What you will do:
An exact repetition of the records is required. Leave nothing out.
=== Data supplied ===
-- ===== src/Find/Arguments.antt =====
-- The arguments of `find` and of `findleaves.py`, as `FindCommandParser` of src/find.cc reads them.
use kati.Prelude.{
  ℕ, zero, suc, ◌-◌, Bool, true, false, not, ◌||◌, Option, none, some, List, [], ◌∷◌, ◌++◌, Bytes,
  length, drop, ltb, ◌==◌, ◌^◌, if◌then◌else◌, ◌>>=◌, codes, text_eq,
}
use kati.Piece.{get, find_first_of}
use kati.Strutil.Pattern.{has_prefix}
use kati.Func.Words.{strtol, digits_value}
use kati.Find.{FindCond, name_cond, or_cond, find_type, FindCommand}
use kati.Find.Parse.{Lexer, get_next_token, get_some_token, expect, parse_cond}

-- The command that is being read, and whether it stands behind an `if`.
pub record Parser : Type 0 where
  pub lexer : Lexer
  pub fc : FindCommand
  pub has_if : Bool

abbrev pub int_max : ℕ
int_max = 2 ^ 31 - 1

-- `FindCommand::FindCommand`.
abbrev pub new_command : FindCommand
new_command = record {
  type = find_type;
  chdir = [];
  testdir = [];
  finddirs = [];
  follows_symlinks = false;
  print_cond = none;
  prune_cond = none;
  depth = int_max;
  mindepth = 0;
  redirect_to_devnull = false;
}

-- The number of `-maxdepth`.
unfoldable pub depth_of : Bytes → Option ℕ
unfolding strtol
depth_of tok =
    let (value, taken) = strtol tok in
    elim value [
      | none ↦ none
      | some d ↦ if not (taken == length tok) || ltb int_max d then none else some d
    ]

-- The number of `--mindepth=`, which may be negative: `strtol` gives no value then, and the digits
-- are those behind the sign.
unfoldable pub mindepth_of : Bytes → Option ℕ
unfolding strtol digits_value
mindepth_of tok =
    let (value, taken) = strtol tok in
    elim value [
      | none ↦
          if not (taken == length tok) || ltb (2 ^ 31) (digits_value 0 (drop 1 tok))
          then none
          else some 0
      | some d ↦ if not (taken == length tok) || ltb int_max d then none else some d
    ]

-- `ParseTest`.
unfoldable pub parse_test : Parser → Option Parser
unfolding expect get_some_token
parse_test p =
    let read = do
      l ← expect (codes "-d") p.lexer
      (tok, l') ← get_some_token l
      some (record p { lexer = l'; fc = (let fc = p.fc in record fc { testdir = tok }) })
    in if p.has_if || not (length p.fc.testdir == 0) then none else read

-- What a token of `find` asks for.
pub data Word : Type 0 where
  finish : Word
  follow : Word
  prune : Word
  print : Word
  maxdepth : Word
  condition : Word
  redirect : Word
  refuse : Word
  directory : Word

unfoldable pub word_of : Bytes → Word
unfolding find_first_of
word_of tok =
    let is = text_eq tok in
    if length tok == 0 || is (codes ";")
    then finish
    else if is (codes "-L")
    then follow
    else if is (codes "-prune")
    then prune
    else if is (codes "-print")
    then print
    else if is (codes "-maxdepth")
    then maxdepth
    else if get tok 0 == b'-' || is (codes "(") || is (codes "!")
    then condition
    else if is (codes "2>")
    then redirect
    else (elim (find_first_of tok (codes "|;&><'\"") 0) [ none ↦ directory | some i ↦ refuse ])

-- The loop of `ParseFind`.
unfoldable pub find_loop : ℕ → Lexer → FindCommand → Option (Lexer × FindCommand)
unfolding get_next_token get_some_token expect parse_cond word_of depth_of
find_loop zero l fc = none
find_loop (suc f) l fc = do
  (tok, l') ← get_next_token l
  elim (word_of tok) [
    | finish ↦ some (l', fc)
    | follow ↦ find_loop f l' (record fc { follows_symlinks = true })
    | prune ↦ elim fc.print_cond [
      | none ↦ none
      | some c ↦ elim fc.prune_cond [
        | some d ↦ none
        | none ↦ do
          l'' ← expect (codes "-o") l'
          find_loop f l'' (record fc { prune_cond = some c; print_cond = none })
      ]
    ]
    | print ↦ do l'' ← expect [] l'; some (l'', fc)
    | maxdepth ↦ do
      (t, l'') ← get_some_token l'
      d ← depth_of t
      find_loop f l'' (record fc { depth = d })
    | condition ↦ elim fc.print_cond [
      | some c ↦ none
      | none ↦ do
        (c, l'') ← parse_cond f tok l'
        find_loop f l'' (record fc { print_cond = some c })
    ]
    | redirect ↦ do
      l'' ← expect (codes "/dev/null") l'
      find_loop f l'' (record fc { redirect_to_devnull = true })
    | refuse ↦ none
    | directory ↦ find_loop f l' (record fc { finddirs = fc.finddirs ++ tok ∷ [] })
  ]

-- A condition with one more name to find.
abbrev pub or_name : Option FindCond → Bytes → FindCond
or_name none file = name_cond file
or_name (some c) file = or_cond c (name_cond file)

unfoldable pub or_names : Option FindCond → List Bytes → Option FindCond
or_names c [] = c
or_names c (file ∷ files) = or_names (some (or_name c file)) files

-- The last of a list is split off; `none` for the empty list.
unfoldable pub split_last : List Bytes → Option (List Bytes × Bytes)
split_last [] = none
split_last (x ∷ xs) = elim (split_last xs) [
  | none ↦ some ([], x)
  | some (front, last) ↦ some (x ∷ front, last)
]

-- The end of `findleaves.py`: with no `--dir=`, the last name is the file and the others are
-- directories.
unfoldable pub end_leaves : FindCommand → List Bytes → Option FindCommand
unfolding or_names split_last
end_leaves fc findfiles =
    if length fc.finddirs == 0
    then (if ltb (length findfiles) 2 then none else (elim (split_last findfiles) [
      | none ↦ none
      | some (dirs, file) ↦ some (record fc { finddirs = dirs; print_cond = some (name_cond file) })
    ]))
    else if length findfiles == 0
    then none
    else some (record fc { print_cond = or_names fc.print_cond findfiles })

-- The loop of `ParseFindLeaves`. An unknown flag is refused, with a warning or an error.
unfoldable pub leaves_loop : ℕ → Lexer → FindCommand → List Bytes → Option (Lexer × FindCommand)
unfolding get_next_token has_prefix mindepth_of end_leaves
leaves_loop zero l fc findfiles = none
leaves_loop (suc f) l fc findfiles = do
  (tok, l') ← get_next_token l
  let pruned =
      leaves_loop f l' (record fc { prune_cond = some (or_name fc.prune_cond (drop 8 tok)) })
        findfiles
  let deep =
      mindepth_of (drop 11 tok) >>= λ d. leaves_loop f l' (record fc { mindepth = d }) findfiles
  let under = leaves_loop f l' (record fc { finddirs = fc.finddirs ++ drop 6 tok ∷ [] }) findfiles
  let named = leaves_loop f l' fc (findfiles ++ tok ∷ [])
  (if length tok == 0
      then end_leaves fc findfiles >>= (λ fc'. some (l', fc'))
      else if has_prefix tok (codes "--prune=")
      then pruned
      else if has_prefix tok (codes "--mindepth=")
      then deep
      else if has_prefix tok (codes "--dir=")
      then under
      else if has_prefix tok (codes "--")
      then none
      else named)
===
Task answer:
-- ===== src/Find/Arguments.antt =====
-- The arguments of `find` and of `findleaves.py`, as `FindCommandParser` of src/find.cc reads them.
use kati.Prelude.{
  ℕ, zero, suc, ◌-◌, Bool, true, false, not, ◌||◌, Option, none, some, List, [], ◌∷◌, ◌++◌, Bytes,
  length, drop, ltb, ◌==◌, ◌^◌, if◌then◌else◌, ◌>>=◌, codes, text_eq,
}
use kati.Piece.{get, find_first_of}
use kati.Strutil.Pattern.{has_prefix}
use kati.Func.Words.{strtol, digits_value}
use kati.Find.{FindCond, name_cond, or_cond, find_type, FindCommand}
use kati.Find.Parse.{Lexer, get_next_token, get_some_token, expect, parse_cond}

-- The command that is being read, and whether it stands behind an `if`.
pub record Parser : Type 0 where
  pub lexer : Lexer
  pub fc : FindCommand
  pub has_if : Bool

abbrev pub int_max : ℕ
int_max = 2 ^ 31 - 1

-- `FindCommand::FindCommand`.
abbrev pub new_command : FindCommand
new_command = record {
  type = find_type;
  chdir = [];
  testdir = [];
  finddirs = [];
  follows_symlinks = false;
  print_cond = none;
  prune_cond = none;
  depth = int_max;
  mindepth = 0;
  redirect_to_devnull = false;
}

-- The number of `-maxdepth`.
unfoldable pub depth_of : Bytes → Option ℕ
unfolding strtol
depth_of tok =
    let (value, taken) = strtol tok in
    elim value [
      | none ↦ none
      | some d ↦ if not (taken == length tok) || ltb int_max d then none else some d
    ]

-- The number of `--mindepth=`, which may be negative: `strtol` gives no value then, and the digits
-- are those behind the sign.
unfoldable pub mindepth_of : Bytes → Option ℕ
unfolding strtol digits_value
mindepth_of tok =
    let (value, taken) = strtol tok in
    elim value [
      | none ↦
          if not (taken == length tok) || ltb (2 ^ 31) (digits_value 0 (drop 1 tok))
          then none
          else some 0
      | some d ↦ if not (taken == length tok) || ltb int_max d then none else some d
    ]

-- `ParseTest`.
unfoldable pub parse_test : Parser → Option Parser
unfolding expect get_some_token
parse_test p =
    let read = do
      l ← expect (codes "-d") p.lexer
      (tok, l') ← get_some_token l
      some (record p { lexer = l'; fc = (let fc = p.fc in record fc { testdir = tok }) })
    in if p.has_if || not (length p.fc.testdir == 0) then none else read

-- What a token of `find` asks for.
pub data Word : Type 0 where
  finish : Word
  follow : Word
  prune : Word
  print : Word
  maxdepth : Word
  condition : Word
  redirect : Word
  refuse : Word
  directory : Word

unfoldable pub word_of : Bytes → Word
unfolding find_first_of
word_of tok =
    let is = text_eq tok in
    if length tok == 0 || is (codes ";")
    then finish
    else if is (codes "-L")
    then follow
    else if is (codes "-prune")
    then prune
    else if is (codes "-print")
    then print
    else if is (codes "-maxdepth")
    then maxdepth
    else if get tok 0 == b'-' || is (codes "(") || is (codes "!")
    then condition
    else if is (codes "2>")
    then redirect
    else (elim (find_first_of tok (codes "|;&><'\"") 0) [ none ↦ directory | some i ↦ refuse ])

-- The loop of `ParseFind`.
unfoldable pub find_loop : ℕ → Lexer → FindCommand → Option (Lexer × FindCommand)
unfolding get_next_token get_some_token expect parse_cond word_of depth_of
find_loop zero l fc = none
find_loop (suc f) l fc = do
  (tok, l') ← get_next_token l
  elim (word_of tok) [
    | finish ↦ some (l', fc)
    | follow ↦ find_loop f l' (record fc { follows_symlinks = true })
    | prune ↦ elim fc.print_cond [
      | none ↦ none
      | some c ↦ elim fc.prune_cond [
        | some d ↦ none
        | none ↦ do
          l'' ← expect (codes "-o") l'
          find_loop f l'' (record fc { prune_cond = some c; print_cond = none })
      ]
    ]
    | print ↦ do l'' ← expect [] l'; some (l'', fc)
    | maxdepth ↦ do
      (t, l'') ← get_some_token l'
      d ← depth_of t
      find_loop f l'' (record fc { depth = d })
    | condition ↦ elim fc.print_cond [
      | some c ↦ none
      | none ↦ do
        (c, l'') ← parse_cond f tok l'
        find_loop f l'' (record fc { print_cond = some c })
    ]
    | redirect ↦ do
      l'' ← expect (codes "/dev/null") l'
      find_loop f l'' (record fc { redirect_to_devnull = true })
    | refuse ↦ none
    | directory ↦ find_loop f l' (record fc { finddirs = fc.finddirs ++ tok ∷ [] })
  ]

-- A condition with one more name to find.
abbrev pub or_name : Option FindCond → Bytes → FindCond
or_name none file = name_cond file
or_name (some c) file = or_cond c (name_cond file)

unfoldable pub or_names : Option FindCond → List Bytes → Option FindCond
or_names c [] = c
or_names c (file ∷ files) = or_names (some (or_name c file)) files

-- The last of a list is split off; `none` for the empty list.
unfoldable pub split_last : List Bytes → Option (List Bytes × Bytes)
split_last [] = none
split_last (x ∷ xs) = elim (split_last xs) [
  | none ↦ some ([], x)
  | some (front, last) ↦ some (x ∷ front, last)
]

-- The end of `findleaves.py`: with no `--dir=`, the last name is the file and the others are
-- directories.
unfoldable pub end_leaves : FindCommand → List Bytes → Option FindCommand
unfolding or_names split_last
end_leaves fc findfiles =
    if length fc.finddirs == 0
    then (if ltb (length findfiles) 2 then none else (elim (split_last findfiles) [
      | none ↦ none
      | some (dirs, file) ↦ some (record fc { finddirs = dirs; print_cond = some (name_cond file) })
    ]))
    else if length findfiles == 0
    then none
    else some (record fc { print_cond = or_names fc.print_cond findfiles })

-- The loop of `ParseFindLeaves`. An unknown flag is refused, with a warning or an error.
unfoldable pub leaves_loop : ℕ → Lexer → FindCommand → List Bytes → Option (Lexer × FindCommand)
unfolding get_next_token has_prefix mindepth_of end_leaves
leaves_loop zero l fc findfiles = none
leaves_loop (suc f) l fc findfiles = do
  (tok, l') ← get_next_token l
  let pruned =
      leaves_loop f l' (record fc { prune_cond = some (or_name fc.prune_cond (drop 8 tok)) })
        findfiles
  let deep =
      mindepth_of (drop 11 tok) >>= λ d. leaves_loop f l' (record fc { mindepth = d }) findfiles
  let under = leaves_loop f l' (record fc { finddirs = fc.finddirs ++ drop 6 tok ∷ [] }) findfiles
  let named = leaves_loop f l' fc (findfiles ++ tok ∷ [])
  (if length tok == 0
      then end_leaves fc findfiles >>= (λ fc'. some (l', fc'))
      else if has_prefix tok (codes "--prune=")
      then pruned
      else if has_prefix tok (codes "--mindepth=")
      then deep
      else if has_prefix tok (codes "--dir=")
      then under
      else if has_prefix tok (codes "--")
      then none
      else named)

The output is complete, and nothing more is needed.